C. S. Lewis Scholar to Speak for 2011 Convocation

C. S. Lewis Scholar to Speak for 2011 Convocation

Dr. Louis Markos (Photo: Michael Tims)

Noted C. S. Lewis scholar Louis Markos will be the featured speaker for the 2011 Convocation at Southwestern Adventist University. The annual event is scheduled for the Keene Seventh-day Adventist Church on Friday evening, Sept. 2, beginning at 8.

“Convocation is a reminder of our roots in the Western University tradition,” says President Eric Anderson.   The annual event features a guest speaker, inspiring music and a procession by teaching faculty in full academic regalia. The intention of the service is to set the tone for the school year.

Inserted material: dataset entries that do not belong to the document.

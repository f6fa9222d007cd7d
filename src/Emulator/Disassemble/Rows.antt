-- ===== src/Emulator/Disassemble/Rows.antt =====
-- Which entries of the log `show_recent_instructions` of src/tools/hyppotest.c lists.
use mega65_core.Prelude.{
  ℕ, zero, suc, ◌-◌, ◌≤◌, ◌<◌, ◌≡◌, refl, ◌∙◌, inl, inr, arith, Bool, true, false, ◌&&◌, not, ◌==◌,
  ltb, leb, min, Bool-cases, List, [], ◌∷◌, if◌then◌else◌,
}
use mega65_core.Emulator.State.{Log, Machine, Regs, Bus}
use mega65_core.Emulator.Memory.{addr_to_28bit}
use mega65_core.Emulator.Describe.{SymbolList}
use mega65_core.Emulator.Disassemble.Listing.{Shown, shown, cpulog_entry}
use mega65_core.Emulator.Disassemble.Depth.{IsBackward, disassemble_instruction-Shows}
use mega65_core.Emulator.Disassemble.Recent.{
  Row, ListedLine, no_history, machine_reset, omitted, instruction, at_index, show_entry,
  show_entries, show_recent_instructions,
}

-- The indices of the entries among the lines.
abbrev pub indices : List ListedLine → List ℕ
indices [] = []
indices (instruction row ∷ lines) = row.index ∷ indices lines
indices (no_history ∷ lines) = indices lines
indices (machine_reset ∷ lines) = indices lines
indices (omitted ∷ lines) = indices lines

-- Whether an entry is marked as a duplicate.
unfoldable pub is_dup : Machine → ℕ → Bool
is_dup m i = elim (cpulog_entry m i) [ shown log ↦ not (log.dup == 0) | _ ↦ false ]

-- `n` numbers from `i` on, and those of them that are no duplicates or are `first`.
abbrev pub range : ℕ → ℕ → List ℕ
range i zero = []
range i (suc n) = i ∷ range (suc i) n

abbrev pub without_dups : Machine → ℕ → List ℕ → List ℕ
without_dups m first [] = []
without_dups m first (i ∷ is) =
    let rest = without_dups m first is in if is_dup m i && ltb first i then rest else i ∷ rest

indices_after_omitted :
    (was_dup : Bool) (lines : List ListedLine)
    → indices (if was_dup then lines else omitted ∷ lines) ≡ indices lines
indices_after_omitted true lines = refl
indices_after_omitted false lines = refl

addr_to_28bit_bus :
    (r : Regs) (s : Bus) (addr : ℕ) (write_p : Bool)
    → addr ≤ 0xffff
    → (addr_to_28bit r s addr write_p).1 ≡ s
unfolding addr_to_28bit
addr_to_28bit_bus r s addr write_p h =
    let within : ltb 0xffff addr ≡ false = ground arith in rw within refl

is_dup-entry :
    (m : Machine) (i : ℕ) (log : Log)
    → cpulog_entry m i ≡ shown log
    → is_dup m i ≡ not (log.dup == 0)
unfolding is_dup
is_dup-entry m i log e = ground (arith, e)

module _ (complain : Machine → Shown (Unit {0})) (depth : ℕ) (hyppo : SymbolList) (m : Machine)
    (b : IsBackward m) (deep : m.trace.cpulog_len ≤ depth)
    (low : (i : ℕ) (log : Log) → cpulog_entry m i ≡ shown log → log.regs.pc ≤ 0xffff) where
  show_entry-row :
      (i : ℕ) (log : Log)
      → 0 < i
      → i < m.trace.cpulog_len
      → cpulog_entry m i ≡ shown log
      → (row : Row) × (show_entry complain depth hyppo m i log ≡ shown (row, m)) × (row.index ≡ i)
  unfolding show_entry
  show_entry-row i log pos lt e =
      let within : ltb 0xffff log.regs.pc ≡ false = ground (arith, low i log e) in
      let same_bus = addr_to_28bit_bus m.regs m.bus log.regs.pc false (low i log e) in
      let (text, e') =
        disassemble_instruction-Shows complain m b depth i log (omega arith) pos lt e in
      rw within (rw same_bus (rw e' (_, refl, refl)))

  -- The lines from `i` on.
  abbrev Lists : ℕ → ℕ → ℕ → Bool → Type 0
  Lists first left i was_dup =
      (lines : List ListedLine) × (show_entries complain depth hyppo first left i was_dup m
        ≡ shown (lines, m))
      × (indices lines ≡ without_dups m first (range i (min left (m.trace.cpulog_len - i))))

  inside_step :
      (first left i : ℕ) (was_dup : Bool) (log : Log)
      → 0 < i
      → i < m.trace.cpulog_len
      → cpulog_entry m i ≡ shown log
      → ((was : Bool) → Lists first left (suc i) was)
      → Lists first (suc left) i was_dup
  unfolding show_entries
  inside_step first left i was_dup log pos lt e rest =
      let inside : leb m.trace.cpulog_len i ≡ false = ground arith in
      let later : (i == 0) ≡ false = ground arith in
      let some_left : min (suc left) (m.trace.cpulog_len - i)
          ≡ suc (min left (m.trace.cpulog_len - suc i)) =
        omega arith in
      rw inside (
        rw later (
          rw e (
            rw some_left (
              rw (is_dup-entry m i log e) (elim (Bool-cases (not (log.dup == 0) && ltb first i)) [
                | inl skip ↦
                    let (lines, e', listed) = rest true in
                    rw skip (rw e' (_, refl, indices_after_omitted was_dup lines ∙ listed))
                | inr keep ↦
                    let (row, e', index) = show_entry-row i log pos lt e in
                    let (lines, e'', listed) = rest false in rw keep (rw e' (rw e'' (_, refl, cc)))
              ])))))

  show_entries-indices : (first left i : ℕ) (was_dup : Bool) → 0 < i → Lists first left i was_dup
  unfolding show_entries
  show_entries-indices first zero i was_dup pos =
      let nothing : min 0 (m.trace.cpulog_len - i) ≡ 0 = omega arith in ([], refl, rw nothing refl)
  show_entries-indices first (suc left) i was_dup pos =
      elim (Bool-cases (leb m.trace.cpulog_len i)) [
        | inl past ↦
            let nothing : min (suc left) (m.trace.cpulog_len - i) ≡ 0 = ground arith in
            rw past ([], refl, rw nothing refl)
        | inr inside ↦
            let (log, e) = b.present i pos (ground arith) in
            inside_step first left i was_dup log pos (ground arith) e
              (λ was. show_entries-indices first left (suc i) was (omega arith))
      ]

-- Where the log is in order (`IsBackward`) and no entry in it stems from above $FFFF, a listing from an
-- entry of the log on ends, with a depth above the length of the log, and leaves the machine as it
-- is. Of as many entries as are asked for, it lists those that are in the log, in order and without the
-- duplicates, but with the first entry in any case.
pub show_recent_instructions-indices :
    (depth : ℕ) (hyppo : SymbolList) (m : Machine) (first count : ℕ)
    → IsBackward m
    → m.trace.cpulog_len ≤ depth
    → ((i : ℕ) (log : Log) → cpulog_entry m i ≡ shown log → log.regs.pc ≤ 0xffff)
    → 0 < first
    → (lines : List ListedLine) × (show_recent_instructions
          (suc depth)
          hyppo
          (at_index first)
          count
          m
        ≡ shown (lines, m))
      × (indices lines
          ≡ without_dups m first (range first (min count (m.trace.cpulog_len - first))))
unfolding show_recent_instructions
show_recent_instructions-indices depth hyppo m zero count b deep low pos = absurd (omega arith)
show_recent_instructions-indices depth hyppo m (suc f) count b deep low pos =
    show_entries-indices _ depth hyppo m b deep low (suc f) count (suc f) false pos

Louis Markos’ topic for Convocation will be “Defending the Faith: Learning to Be an Apologist,” where he will use C. S. Lewis as an example of a Christian apologist who “made it possible to be an intellectually fulfilled Christian while still living in a modern, post-Enlightenment world.” His talk will encourage students to offer a logical defense for their faith.

Markos is a professor in English and Scholar in Residence at Houston Baptist University and holds the Robert H. Ray Chair in Humanities.  At HBA he offers courses in British Romantic Poetry, Literary Theory and the Classics, as well as in Victorian Poetry and Prose, Seventeenth-Century Poetry and Prose, C. S. Lewis, Mythology, Epic and Film.

Markos speaks all over the United States, generally on topics related to C. S. Lewis, but embracing more widely science, the arts, education and apologetics.

In addition to his presentation for Convocation, Markos will speak on “God and Science: Evidence for Design in the Universe” as the opening presenter for this year’s Saxon Lecture Series. “God and Science” will be presented at the Wharton Auditorium at 4 p.m. on Saturday, September 3.

Marcos is the author of three books: From Achilles to Christ: Why Christians Should Read the Pagan Classics, Pressing Forward: Alfred, Lord Tennyson and the Victorian Age, and Lewis Agonistes: How C. S. Lewis Can Train Us to Wrestle with the Modern and Postmodern World.

He has also produced two lecture series with the Teaching Company, an organization that hires accomplished professors from around the country to put together lecture series. His first series offers a 2,500-year survey of literary theory: From Plato to Postmodernism: Understanding the Essence of Literature and the Role of the Author. His second series offers an overview and analysis of all the major works of his favorite author: The Life and Writings of C. S. Lewis.

“I am dedicated to the concept of the professor as public educator,” says Markos. “I firmly believe that knowledge must not be walled up in the academy, but must be freely and enthusiastically disseminated to all those ‘who have ears to hear.’ As a specifically Christian professor, I also adhere to a second goal: to fuse into a single stream the humanist strivings of Athens and the Christian truths of Jerusalem.

“My call is to teach Christian students that they need not be afraid of knowledge, but that indeed all truth is God’s truth,” he says. “I teach them that it is the duty of every enlightened individual to seek to know and to participate in the flow of human ideas through a study of and a grappling with the major expressions of the human imagination, and that this duty is not inconsistent with Scripture but is rather a sublime affirmation that man IS a rational creature created in the image of God whose deepest yearnings are for the Way, the Truth and the Life.”

Convocation services and the Saxon Lecture Series are free and open to the public.